Dinitz also stayed in touch with his classmate Aleksandr Karzanov, publishing a paper on the minimum-cost flow problem with him in 1974. In 1975, Dinitz and Karzanov joined Adelson-Velsky in publishing a book on network flow algorithms, which "describe[d] many major results … that were independently discovered later (and in some cases much later) in the West".

==Publicity in the West==
In 1974, Shimon Even and his graduate student Alon Itai at the Technion got curious about Dinitz's maximal flow algorithm, as well as a network flow algorithm that Karzanov had published around the same time. Dinitz's description of the algorithm was very compressed, due to journal page limits, but Even and Itai managed to decipher most of it, thanks in part to Karzanov's explicit explanation of a concept that was implicit in Dinitz's paper. After filling the last gap with a new technique of their own, Even and Itai had a working version of Dinitz's algorithm, which Even publicized in talks at many Western universities.

Dinitz's name was transliterated as "E. A. Dinic" in the English translation of his paper, so Even and Itai's version of his algorithm became known as Dinic's algorithm in the West, and his name was "rendered incorrectly as [dinik] instead of [dinits]" in that context.

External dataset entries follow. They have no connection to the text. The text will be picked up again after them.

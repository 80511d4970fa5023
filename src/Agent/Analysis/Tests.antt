-- ===== src/Agent/Analysis/Tests.antt =====
-- An analysis of one service, and the theorems at it.
use mathlib.Core.List.{Permᴰ}
use x_scope_hub_svc_plus.Prelude.{
  ℕ, ◌+◌, ◌*◌, ◌≡◌, ◌≢◌, ◌⊎◌, refl, false, none, some, List, [], ◌∷◌, ◌++◌, All, arith,
}
use x_scope_hub_svc_plus.Prelude.Text.{
  Text, codes, text_eq, trim_space, trim, trim_left, trim_right, is_space,
}
use x_scope_hub_svc_plus.Prelude.Time.{Duration, before, is_positive, one_hour}
use x_scope_hub_svc_plus.Gateway.Query.Handler.{validate}
use x_scope_hub_svc_plus.Agent.Analysis.{Request, Response, Defaults}
use x_scope_hub_svc_plus.Agent.Analysis.Normalize.{
  Clock, new_defaults, is_blank, start_and_window, normalize_request,
}
use x_scope_hub_svc_plus.Agent.Analysis.Normalize.Idempotent.{normalize_request-idempotent}
use x_scope_hub_svc_plus.Agent.Analysis.Count.{
  Json, array, object, null, no_items, item, no_members, member, count_any, object_count,
  counts_under, count_under, first_positive,
}
use x_scope_hub_svc_plus.Agent.Analysis.Gateway.{
  GatewayClient, new_gateway_client, has_suffix, got, failed, HttpPost, Sent, replied, Wire, query,
  read_reply,
}
use x_scope_hub_svc_plus.Agent.Analysis.Collect.{
  Source, metric_error_rate, metric_latency_p95, logs, traces, topology, lang_of, sources,
  query_template, estimate_count, settled, with_error, put, collect, collect_evidence,
}
use x_scope_hub_svc_plus.Agent.Analysis.Health.{healthy, status_of, summarize_health}
use x_scope_hub_svc_plus.Agent.Analysis.Codex.{extract_json_object}
use x_scope_hub_svc_plus.Agent.Analysis.Codex.Extract.{extract_json_object-around}
use x_scope_hub_svc_plus.Agent.Analysis.Run.{Service, answer, respond, run}
use x_scope_hub_svc_plus.Agent.Analysis.Run.Order.{IsAlike, run-order}
use x_scope_hub_svc_plus.Agent.Analysis.Run.Healthy.{IsAnswered, run-healthy}
use x_scope_hub_svc_plus.Agent.Analysis.Run.Accepted.{asked, asked-accepted}

abbrev clock : Clock
clock = record {
  parse_duration = λ s. none;
  duration_text = λ d. codes "1h0m0s";
  round_to_minute = λ d. d;
}

abbrev hour : Duration
hour = record { is_negative = false; size = one_hour }

abbrev gateway : GatewayClient
gateway = record {
  endpoint = codes "http://gateway/api/query";
  headers = [];
  tenant_header = codes "X-Tenant";
  user_header = codes "X-User";
}

-- The gateway's answers have no records.
abbrev wire : Wire
wire = record {
  marshal = λ q. got q.template;
  url_error = λ url. none;
  canonical = λ name. name;
  error_member = λ body. none;
  decode_response =
      λ body. got (record { lang = codes "promql"; result = body; backend = []; cached = false });
  unmarshal = λ raw. some (array no_items);
}

abbrev service : Service ℕ
service = record {
  clock = clock;
  wire = wire;
  gateway = gateway;
  defaults = record {
    default_tenant = codes "acme";
    default_user = [];
    default_window = hour;
    max_items = 50;
  };
  reasoner = none;
  confidence = 42;
}

abbrev quiet : HttpPost → Sent
quiet post = replied 200 (codes "[]")

abbrev request : Request
request = record {
  goal = [];
  tenant = [];
  user = [];
  service = codes "api";
  incident = [];
  window = [];
  start = 0;
  end = 0;
  max_items = 0;
  prompt = [];
}

abbrev noon : ℕ
noon = 12 * one_hour

abbrev normalised : Request
normalised = normalize_request clock service.defaults noon request

abbrev other_order : List Source
other_order = metric_latency_p95 ∷ metric_error_rate ∷ logs ∷ traces ∷ topology ∷ []

run-order_example :
    ((e : Text) × (run service noon quiet sources request ≡ failed e)
      × (run service noon quiet other_order request ≡ failed e))
    ⊎ ((r : Response ℕ) × (q : Response ℕ) × (run service noon quiet sources request ≡ got r)
        × (run service noon quiet other_order request ≡ got q)
        × IsAlike r q)
run-order_example = run-order service noon quiet sources other_order request (Permᴰ.swap refl refl)

abbrev response : Response ℕ
response = respond service normalised (collect_evidence wire quiet gateway normalised sources)

answers : run service noon quiet sources request ≡ got response
unfolding run normalize_request trim_space trim trim_left trim_right
answers = refl

reports_healthy : response.health.status ≡ healthy
unfolding respond answer summarize_health status_of collect_evidence collect query_template query
    read_reply estimate_count count_any put settled with_error
reports_healthy = refl

run-healthy_example :
    All (IsAnswered wire quiet gateway normalised) sources
    × (response.evidence.logs.count ≡ 0)
    × (response.evidence.traces.count ≡ 0)
run-healthy_example =
    run-healthy service noon quiet sources request response answers reports_healthy

extract_json_object-around_example :
    extract_json_object (codes "ok " ++ b'{' ∷ (codes "{}" ++ b'}' ∷ codes " bye"))
    ≡ got (b'{' ∷ (codes "{}" ++ b'}' ∷ []))
extract_json_object-around_example =
    extract_json_object-around (codes "ok ") (codes "{}") (codes " bye") (ground arith)
      (ground arith)

prints : (d : Duration) → is_blank (clock.duration_text d) ≡ false
unfolding trim_space trim trim_left trim_right is_space
prints d = refl

abbrev options : Defaults
options = new_defaults (codes "acme") [] hour 0

starts : (normalize_request clock options noon request).start ≢ 0
unfolding normalize_request new_defaults start_and_window trim_space trim trim_left trim_right
    before is_positive
starts = ground arith

normalize_request-idempotent_example :
    normalize_request clock options (noon + one_hour) (normalize_request clock options noon request)
    ≡ normalize_request clock options noon request
normalize_request-idempotent_example =
    normalize_request-idempotent clock (codes "acme") [] hour 0 noon (noon + one_hour) request
      prints (ground arith) starts

abbrev ten : ℕ
ten = 10

abbrev timed : Request
timed = record request { start = one_hour; end = noon }

asked-accepted_example :
    ((asked ten timed traces).lang ≡ lang_of traces) × (validate (asked ten timed traces) ≡ none)
asked-accepted_example = asked-accepted ten timed traces (ground arith) (ground arith)

-- Where no well-known key has records, the count depends on the order of the keys.
abbrev in_order : Json
in_order = object (
    member (codes "a") (array (item null no_items))
      (member (codes "b") (array (item null (item null no_items))) no_members))

abbrev reversed : Json
reversed = object (
    member (codes "b") (array (item null (item null no_items)))
      (member (codes "a") (array (item null no_items)) no_members))

counts : (count_any in_order ≡ 1) × (count_any reversed ≡ 2)
unfolding count_any object_count counts_under count_under first_positive text_eq
counts = (refl, refl)

-- The endpoint of the gateway is completed.
completes :
    new_gateway_client (record {
      endpoint = codes "http://gateway/";
      headers = [];
      tenant_header = [];
      user_header = [];
    })
    ≡ got gateway
unfolding new_gateway_client has_suffix text_eq trim_space trim trim_left trim_right is_space
completes = refl
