-- ===== src/Nvme/Cache/Owned.antt =====
-- The blocks of the arenas and the entries they belong to, under `_evict` and `_load`.
use vllm_exl.Prelude.{
  ℕ, zero, suc, ◌+◌, ◌<◌, ◌≡◌, refl, ◌==◌, Bool, true, false, Option, none, some, ltb, Result, ok,
  raise, arith, Bool-cases, Option-cases, Result-cases, inl, inr, length,
}
use mathlib.Core.Path.{subst}
use vllm_exl.Nvme.Regions.Defs.{Regions, allocate}
use vllm_exl.Nvme.Cache.Defs.{
  Key, Entry, Cache, Outcome, region_at, set_region, find, released, release_in, evict_entry, evict,
  candidate, Attempt, refused, granted, full, attempt_in, make_room, new_entry, finish, finish_all,
  load,
}
use vllm_exl.Nvme.Cache.Entries.{put_fresh}
use vllm_exl.Nvme.Cache.Leases.{evict-Absent}
use vllm_exl.Nvme.Cache.Arena.{Arenas, region_at-Valid, evict-Arenas, load-Arenas}
use vllm_exl.Nvme.Cache.Blocks.{
  bit, held, OwnedBut, Owned, one_at, held-release, release-held, owned-append, allocate-held,
  delete-owned, update-owned, set_region-here, one_at_same, one_at_other, moved,
}

evict-Owned : (k : Key) (c : Cache) → Owned c → Owned (evict k c).1
unfolding evict
evict-Owned k c h = elim (Option-cases (find k c.entries)) [
  | inl m ↦ rw (m, evict_entry) h
  | inr (e, m) ↦ elim (Bool-cases (ltb 0 e.users)) [
    | inl t ↦ rw (m, evict_entry, t) h
    | inr f ↦ elim (Result-cases (release_in e (region_at k.0 c.regions))) [
      | inr (x, n) ↦
          rw (m, evict_entry, f, n, released)
            (λ layer o r at. omega (arith, h layer o r at, update-owned k c.entries layer o))
      | inl (q, n) ↦
          rw (m, evict_entry, f, n, released) (of_release e q m (region_at k.0 c.regions) refl n)
    ]
  ]
]
  where
    of_release :
        (e : Entry) (q : Regions)
        → find k c.entries ≡ some e
        → (a : Option Regions) → region_at k.0 c.regions ≡ a
        → release_in e a ≡ ok q
        → Owned (released k e c (ok q)).1
    of_release e q m none at n = absurd (ground arith)
    of_release e q m (some r) at n =
        moved (λ layer o. 0) (λ layer o. 0) k.0 r q c (released k e c (ok q)).1 at refl
          (λ o. omega (
            arith,
            release-held e.offset o r q n,
            delete-owned k c.entries e k.0 o m,
            one_at_same k.0 e.offset o,
          ))
          (λ layer o apart.
            omega (
              arith,
              delete-owned k c.entries e layer o m,
              one_at_other k.0 e.offset layer o apart,
            ))
          h

-- The result of the allocation for a key: where it raised, each block has its entry; where it was
-- granted, the new block has none yet, and the key has no entry.
abbrev Room : Key → Option (Outcome ℕ) → Type 0
Room k none = Unit
Room k (some (raise e, c)) = Owned c
Room k (some (ok p, c)) =
    OwnedBut (one_at k.0 p) c
    × (find k c.entries ≡ none)
    × ((r : Regions) × (region_at k.0 c.regions ≡ some r))

-- what is known of the cache before a round of the loop
record Ready (extent : ℕ → ℕ × ℕ) (k : Key) (c : Cache) : Type 0 where
  arenas : Arenas extent c
  blocks : Owned c
  absent : find k c.entries ≡ none

module _ (extent : ℕ → ℕ × ℕ) (k : Key) where
  grant-Room :
      (bytes p : ℕ) (q : Regions) (c : Cache)
      → Ready extent k c
      → (a : Option Regions) → region_at k.0 c.regions ≡ a
      → attempt_in bytes a ≡ granted p q
      → Room k (some (ok p, record c { regions = set_region k.0 q c.regions }))
  grant-Room bytes p q c ready none at m = absurd (ground arith)
  grant-Room bytes p q c ready (some r) at m = elim (Result-cases (allocate bytes r)) [
    | inr (e, n) ↦ absurd (ground arith)
    | inl ((none, x), n) ↦ absurd (ground arith)
    | inl ((some o, x), n) ↦
        let same : x ≡ q = ground arith in
        let there : o ≡ p = ground arith in
        let given : allocate bytes r ≡ ok (some p, q) = cc in
        let v = region_at-Valid extent k.0 c.regions r ready.arenas at in
        (
          moved (λ layer o. 0) (one_at k.0 p) k.0 r q c
              (record c { regions = set_region k.0 q c.regions }) at refl
              (λ o. omega (arith, allocate-held v bytes p o q given, one_at_same k.0 p o))
              (λ layer o apart. omega (arith, one_at_other k.0 p layer o apart)) ready.blocks,
          ready.absent,
          (q, set_region-here k.0 q c.regions r at),
        )
  ]

  evict-Ready : (j : Key) (c : Cache) → Ready extent k c → Ready extent k (evict j c).1
  evict-Ready j c ready = record {
    arenas = evict-Arenas extent j c ready.arenas;
    blocks = evict-Owned j c ready.blocks;
    absent = evict-Absent j c k ready.absent;
  }

  make_room_round :
      (fuel bytes : ℕ) (c : Cache)
      → Ready extent k c
      → ((d : Cache) → Ready extent k d → Room k (make_room fuel k.0 bytes d))
      → (a : Attempt) → attempt_in bytes (region_at k.0 c.regions) ≡ a
      → Room k (make_room (suc fuel) k.0 bytes c)
  unfolding make_room
  make_room_round fuel bytes c v next (refused e) m = rw (make_room, m, Room) v.blocks
  make_room_round fuel bytes c v next (granted o r) m =
      rw (make_room, m) (grant-Room bytes o r c v (region_at k.0 c.regions) refl m)
  make_room_round fuel bytes c v next full m = elim (Option-cases (candidate k.0 c.entries)) [
    | inl n ↦ rw (make_room, m, n, Room) v.blocks
    | inr (j, n) ↦ elim (Result-cases (evict j c).0) [
      | inr (e, x) ↦ rw (make_room, m, n, x, Room) (evict-Owned j c v.blocks)
      | inl (u, x) ↦ rw (make_room, m, n, x) (next (evict j c).1 (evict-Ready j c v))
    ]
  ]

  make_room-Room :
      (fuel bytes : ℕ) (c : Cache) → Ready extent k c → Room k (make_room fuel k.0 bytes c)
  unfolding make_room
  make_room-Room zero bytes c v = tt
  make_room-Room (suc fuel) bytes c v =
      make_room_round fuel bytes c v (λ d w. make_room-Room fuel bytes d w)
        (attempt_in bytes (region_at k.0 c.regions)) refl

  -- the block that was granted goes to the new entry, or back
  finish-Owned :
      (bytes p : ℕ) (copied : Result (Unit {0})) (c : Cache)
      → Room k (some (ok p, c))
      → Owned (finish k bytes p copied c).1
  finish-Owned bytes p (ok u) c (h, absent, present) =
      rw (put_fresh (new_entry k bytes p c) c.entries absent) (λ layer o r at.
        omega (arith, h layer o r at, owned-append layer o c.entries (new_entry k bytes p c)))
  finish-Owned bytes p (raise e) c (h, absent, (r, at)) =
      let one : 0 < held p r.allocated =
        omega (arith, h k.0 p r at, one_at_same k.0 p p, bit_refl p) in
      let (q, done) = held-release p r one in
      rw (at, done)
        (moved (one_at k.0 p) (λ layer o. 0) k.0 r q c
          (record c { regions = set_region k.0 q c.regions; failures = c.failures + 1 }) at refl
          (λ o. omega (arith, release-held p o r q done, one_at_same k.0 p o))
          (λ layer o apart. omega (arith, one_at_other k.0 p layer o apart)) h)
    where
      bit_refl : (p : ℕ) → bit (p == p) ≡ 1
      bit_refl p = let same : (p == p) ≡ true = ground arith in rw same refl

  abbrev Left : Option (Outcome Entry) → Type 0
  Left none = Unit
  Left (some o) = Owned o.1

  finish_all-Owned :
      (bytes : ℕ) (copied : Result (Unit {0})) (o : Option (Outcome ℕ))
      → Room k o
      → Left (finish_all k bytes copied o)
  finish_all-Owned bytes copied none v = tt
  finish_all-Owned bytes copied (some (raise e, c)) v = v
  finish_all-Owned bytes copied (some (ok p, c)) v = finish-Owned bytes p copied c v

  -- Where every arena of a cache is valid and its allocated blocks are, by layer and offset, those of
  -- the entries of its layer, each of them once, a load of a key that has no entry leaves both so,
  -- with its evictions and whether it returns or raises: no byte is lost, no two blocks overlap, and
  -- no block is left without an entry.
  pub load-Owned :
      (guarded : Bool) (copied : Result (Unit {0})) (bytes : ℕ) (c : Cache) (o : Outcome Entry)
      → Arenas extent c
      → Owned c
      → find k c.entries ≡ none
      → load guarded copied k bytes c ≡ some o
      → Arenas extent o.1 × Owned o.1
  unfolding load
  load-Owned guarded copied bytes c o v w absent h =
      (load-Arenas extent guarded copied k bytes c o v h, read (by_guard guarded) h)
    where
      by_guard : (g : Bool) → Left (load g copied k bytes c)
      by_guard false = w
      by_guard true = finish_all-Owned bytes copied _ (
          make_room-Room (suc (length c.entries)) bytes c
            (record { arenas = v; blocks = w; absent = absent }))

      read : {x : Option (Outcome Entry)} → Left x → x ≡ some o → Owned o.1
      read w e = subst Left e w
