-- ===== src/Nvme/Cache/Partition.antt =====
-- The arenas of a new cache partition its capacity.
use vllm_exl.Prelude.{
  ℕ, ◌+◌, ◌%◌, not, ◌≤◌, ◌≡◌, refl, sym, ◌∙◌, ap, ◌==◌, Bool, true, false, ◌||◌, Option, none, some,
  List, [], ◌∷◌, Result, ok, raise, value_error, runtime_error, raise_if, ◌>>◌, ◌>>=◌, arith,
  Bool-cases, Option-cases, inl, inr, All, map, sum, max, if◌then◌else◌, bind-ok, raise_if-ok,
}
use vllm_exl.Nvme.Regions.Defs.{Block, Regions, align, init, pair_leb, insert_sorted, sort}
use vllm_exl.Nvme.Regions.Laws.{init-IsValid}
use vllm_exl.Nvme.Regions.Validity.{IsValid}
use vllm_exl.Nvme.Cache.Defs.{Key, Cache}
use vllm_exl.Nvme.Cache.Leases.{Accounted}
use vllm_exl.Nvme.Cache.Opening.{
  HostMemory, Records, Quotas, layers_of, chosen_quotas, largest, check_largest, widest,
  open_regions, empty_cache, too_small, not_partition, open_cache,
}

-- a record of the layer has at most `size` bytes
abbrev pub Fits : ℕ → ℕ → Key × ℕ → Type 0
Fits layer size (k, bytes) = k.0 ≡ layer → bytes ≤ size

-- The arenas stand one after another from `base` to `end`, each valid on the bytes of its quota,
-- with no block allocated, and each record fits the arena of its layer.
abbrev pub Laid : Records → ℕ → ℕ → Quotas → List (ℕ × Regions) → Type 0
Laid records end base [] [] = base ≡ end
Laid records end base [] (r ∷ rs) = ⊥
Laid records end base (q ∷ qs) [] = ⊥
Laid records end base ((layer, size) ∷ qs) ((l, r) ∷ rs) =
    (l ≡ layer)
    × IsValid base size r
    × (r.allocated ≡ [])
    × All (Fits layer size) records
    × Laid records end (base + size) qs rs

abbrev pub total : Quotas → ℕ
total qs = sum (map (λ q. q.1) qs)

total-insert_sorted : (q : Block) (qs : Quotas) → total (insert_sorted q qs) ≡ q.1 + total qs
unfolding insert_sorted
total-insert_sorted q [] = refl
total-insert_sorted q (p ∷ qs) = elim (Bool-cases (pair_leb q p)) [
  | inl t ↦ rw t refl
  | inr f ↦ let rest = total-insert_sorted q qs in rw (f, rest) (omega arith)
]

total-sort : (qs : Quotas) → total (sort qs) ≡ total qs
unfolding sort
total-sort [] = refl
total-sort (q ∷ qs) = total-insert_sorted q (sort qs) ∙ ap (λ n. q.1 + n) (total-sort qs)

-- `n` is not passed by what was found
abbrev Below : ℕ → Option ℕ → Type 0
Below n none = Unit
Below n (some m) = m ≤ n

pub largest-Fits :
    (layer size : ℕ) (records : Records)
    → Below size (largest layer records)
    → All (Fits layer size) records
unfolding largest
largest-Fits layer size [] h = tt
largest-Fits layer size ((k, bytes) ∷ records) h = elim (Bool-cases (k.0 == layer)) [
  | inl t ↦ elim (Option-cases (largest layer records)) [
    | inl m ↦ (λ e. ground arith, largest-Fits layer size records (rw m tt))
    | inr (n, m) ↦
        let both : max bytes n ≤ size = fitted _ _ (rw (largest, t, m) refl) h in
        (λ e. omega (arith, both), largest-Fits layer size records (rw m (omega (arith, both))))
  ]
  | inr f ↦ (λ e. absurd (ground arith), largest-Fits layer size records (skipped _ _ f h))
]
  where
    fitted : (o : Option ℕ) (n : ℕ) → o ≡ some n → Below size o → n ≤ size
    fitted none n e h = absurd (ground arith)
    fitted (some m) n e h = ground arith

    skipped :
        (o : Option ℕ) (b : Bool)
        → b ≡ false
        → Below size (if b then widest bytes o else o)
        → Below size o
    skipped o false f h = h
    skipped o true f h = absurd (ground arith)

pub check_largest-Below :
    (size : ℕ) (o : Option ℕ) (u : Unit {0}) → check_largest size o ≡ ok u → Below size o
check_largest-Below size none u h = tt
check_largest-Below size (some n) u h = ground arith

-- a round of the loop that returned went through its steps
module _ (layer : ℕ) where
  pub round_ok :
      (a : Result Regions) (b : Result (Unit {0})) (c : Result (List (ℕ × Regions)))
      (rs : List (ℕ × Regions))
      → (a >>= λ r. b >> (c >>= λ rest. ok ((layer, r) ∷ rest))) ≡ ok rs
      → (r : Regions) × (rest : List (ℕ × Regions)) × (a ≡ ok r)
        × (b ≡ ok tt)
        × (c ≡ ok rest)
        × ((layer, r) ∷ rest ≡ rs)
  round_ok (raise e) b c rs h = absurd (ground arith)
  round_ok (ok r) (raise e) c rs h = absurd (ground arith)
  round_ok (ok r) (ok u) (raise e) rs h = absurd (ground arith)
  round_ok (ok r) (ok u) (ok rest) rs h = (r, rest, refl, refl, refl, ground arith)

init-allocated : (size base : ℕ) (r : Regions) → init size base ≡ ok r → r.allocated ≡ []
unfolding init
init-allocated size base r h = ground arith

open_regions-Laid :
    (records : Records) (end base : ℕ) (qs : Quotas) (rs : List (ℕ × Regions))
    → open_regions records base qs ≡ ok rs
    → base + total qs ≡ end
    → Laid records end base qs rs
unfolding open_regions
open_regions-Laid records end base [] rs h e =
    let empty : [] ≡ rs = ground arith in rw (sym empty) (omega arith)
open_regions-Laid records end base ((layer, size) ∷ qs) rs h e =
    let (r, rest, made, fits, opened, same) =
      round_ok layer (init size base) (check_largest size (largest layer records))
        (open_regions records (base + size) qs) rs h in
    let found = check_largest-Below size (largest layer records) tt fits in
    rw (sym same) (
      refl,
      init-IsValid size base r made,
      init-allocated size base r made,
      largest-Fits layer size records found,
      open_regions-Laid records end (base + size) qs rest opened (omega arith),
    )

chosen_total :
    (capacity : ℕ) (layers : List ℕ) (qs : Quotas)
    → not_partition capacity layers qs ≡ false
    → total qs ≡ capacity
chosen_total capacity layers qs h = ground arith

sorted_end : (capacity : ℕ) (qs : Quotas) → total qs ≡ capacity → 0 + total (sort qs) ≡ capacity
sorted_end capacity qs h = omega (arith, total-sort qs)

-- a constructor that returned went through each of its steps
pub open_cache-ran :
    (m : HostMemory) (records : Records) (capacity : ℕ) (layer_quotas : Option Quotas) (reserve : ℕ)
    (c : Cache)
    → open_cache m records capacity layer_quotas reserve ≡ ok c
    → (too_small m capacity reserve ≡ false)
      × ((qs : Quotas) × (chosen_quotas capacity (layers_of records) layer_quotas ≡ ok qs)
          × (not_partition capacity (layers_of records) qs ≡ false)
          × ((rs : List (ℕ × Regions)) × (open_regions records 0 (sort qs) ≡ ok rs)
              × (empty_cache rs ≡ c)))
unfolding open_cache
open_cache-ran m records capacity layer_quotas reserve c h =
    let layers = layers_of records in
    let (sized, h1) =
      raise_if-ok (capacity == 0 || not (capacity % align == 0)) value_error _ c h in
    let (room, h2) = raise_if-ok (too_small m capacity reserve) runtime_error _ c h1 in
    let (qs, chosen, h3) =
      bind-ok (chosen_quotas capacity layers layer_quotas) (opened layers) c h2 in
    let (partition, h4) =
      raise_if-ok (not_partition capacity layers qs) value_error (filled qs) c h3 in
    let (rs, ran, same) =
      bind-ok (open_regions records 0 (sort qs)) (λ rs. ok (empty_cache rs)) c h4 in
    (room, (qs, chosen, partition, (rs, ran, ground arith)))
  where
    filled : Quotas → Result Cache
    filled qs = open_regions records 0 (sort qs) >>= λ rs. ok (empty_cache rs)

    opened : List ℕ → Quotas → Result Cache
    opened layers qs = raise_if (not_partition capacity layers qs) value_error >> filled qs

-- A cache is opened only on a host whose swap is unused and whose available memory covers the
-- capacity, the reserve and 2 GiB. It then has, for the quotas that were given, or for the one layer
-- of the store, an arena each, in the order of the sorted quotas: the arenas stand one after another
-- from address 0 to the capacity, each is valid and has no block allocated, and each record of the
-- store that is of the layer of an arena fits that arena. The resident bytes are those of the entries.
pub open_cache-Laid :
    (m : HostMemory) (records : Records) (capacity : ℕ) (layer_quotas : Option Quotas) (reserve : ℕ)
    (c : Cache)
    → open_cache m records capacity layer_quotas reserve ≡ ok c
    → (too_small m capacity reserve ≡ false)
      × Accounted c
      × ((qs : Quotas) × (chosen_quotas capacity (layers_of records) layer_quotas ≡ ok qs)
          × Laid records capacity 0 (sort qs) c.regions)
open_cache-Laid m records capacity layer_quotas reserve c h =
    let (room, (qs, chosen, partition, (rs, ran, new))) =
      open_cache-ran m records capacity layer_quotas reserve c h in
    let end = sorted_end capacity qs (chosen_total capacity (layers_of records) qs partition) in
    rw (sym new)
      (room, refl, (qs, chosen, open_regions-Laid records capacity 0 (sort qs) rs ran end))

==Later work at the Technion and Ben-Gurion University==
In the 1990s, Even finally got a chance to learn the original version of Dinitz's algorithm from Dinitz himself. In 1992, Dinitz published a paper on the butterfly network with Even and two other Technion computer scientists, listing his affiliation as Ben-Gurion University. Dinitz would reportedly later recall that Even fought successfully for him to be hired as an associate professor at the Technion. He listed his affiliation as the Technion on a paper published in 1994, and he advised a Technion Ph.D. student in 1997. Dinitz joined the computer science department at Ben-Gurion University in 1998, and the department held a retirement celebration for him in 2019.

Due to his publications with Shlomo Moran and Shmuel Zaks in the late 1990s and the 2000s, Dinitz has an Erdős number of two.